== Dataset records ==
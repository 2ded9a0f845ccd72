-- ===== src/Worker/Forward/Pages.antt =====
-- What a loop of `end_iter` over pages does to the pages.
use cos516_project.Prelude.{
  ◌∷◌, zero, List, ℕ, ◌≡◌, arith, if-elim, replicate, false, true, not, length, suc, refl, ◌↔◌, [],
  All, subst, sym,
}
use cos516_project.Worker.Forward.{
  end_page, end_pages, Platform, check_required, forward_pair, Page, is_touched, Check, Sender,
  clear_touched,
}
use cos516_project.Worker.Shadow.Scan.{nonzero_words}
use cos516_project.Prelude.Bits.{zero-bit_and}

-- What the functions of utils.h do, by their names: the one writes zeros over a page, the other
-- tells whether all of it is zero.
pub record IsPlatform (u : Platform) : Type 0 where
  pub sets_zero : (shadow : List ℕ) → u.set_zero_page shadow ≡ replicate (length shadow) 0
  pub tells_zero : (shadow : List ℕ) → (u.is_zero_page shadow ≡ true) ↔ (nonzero_words shadow ≡ 0)

-- No page of the list is marked as touched.
abbrev pub IsUntouched : Page → Type 0
IsUntouched p = is_touched p.shadow ≡ false

replicate-zero-untouched : (n : ℕ) → is_touched (replicate n 0) ≡ false
replicate-zero-untouched zero = refl
replicate-zero-untouched (suc n) = ground (arith, zero-bit_and 0x80)

nonzero_words-untouched : (shadow : List ℕ) → nonzero_words shadow ≡ 0 → is_touched shadow ≡ false
nonzero_words-untouched [] h = refl
nonzero_words-untouched (zero ∷ shadow) h = ground (arith, zero-bit_and 0x80)
nonzero_words-untouched (suc s ∷ shadow) h = absurd (ground (arith, h))

forward_pair-shadow :
    (u : Platform) (nonzero : ℕ) (p : Page) (check : Check) (s : Sender)
    → (forward_pair u nonzero p check s).1 ≡ record p { shadow = u.set_zero_page p.shadow }
unfolding forward_pair
forward_pair-shadow u nonzero p check s = ground arith

end_page-IsUntouched :
    (u : Platform) (p : Page) (s : Sender) → IsPlatform u → IsUntouched (end_page u p s).1
unfolding end_page
end_page-IsUntouched u p s hu =
    if-elim (λ (r : Sender × Page). IsUntouched r.1) (not (is_touched p.shadow))
      (λ e. ground (arith, e))
      (λ e.
        if-elim (λ (r : Sender × Page). IsUntouched r.1) (u.is_zero_page (clear_touched p.shadow))
          (λ z. nonzero_words-untouched _ ((hu.tells_zero _).0 z))
          (λ z. subst IsUntouched (sym (forward_pair-shadow u _ _ check_required s)) (
            subst (λ sh. is_touched sh ≡ false) (sym (hu.sets_zero _))
              (replicate-zero-untouched _))))

-- Where the functions of utils.h do what their names say, no page is marked as touched after a
-- loop of end_iter.
pub end_pages-IsUntouched :
    (u : Platform) (ps : List Page) (s : Sender)
    → IsPlatform u
    → All IsUntouched (end_pages u ps s).1
unfolding end_pages
end_pages-IsUntouched u [] s hu = tt
end_pages-IsUntouched u (p ∷ ps) s hu =
    (end_page-IsUntouched u p s hu, end_pages-IsUntouched u ps (end_page u p s).0 hu)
===
What lines of the listing contain the word "Prelude"? Copy them all.

● Answer for this exercise
use cos516_project.Prelude.{
use cos516_project.Prelude.Bits.{zero-bit_and}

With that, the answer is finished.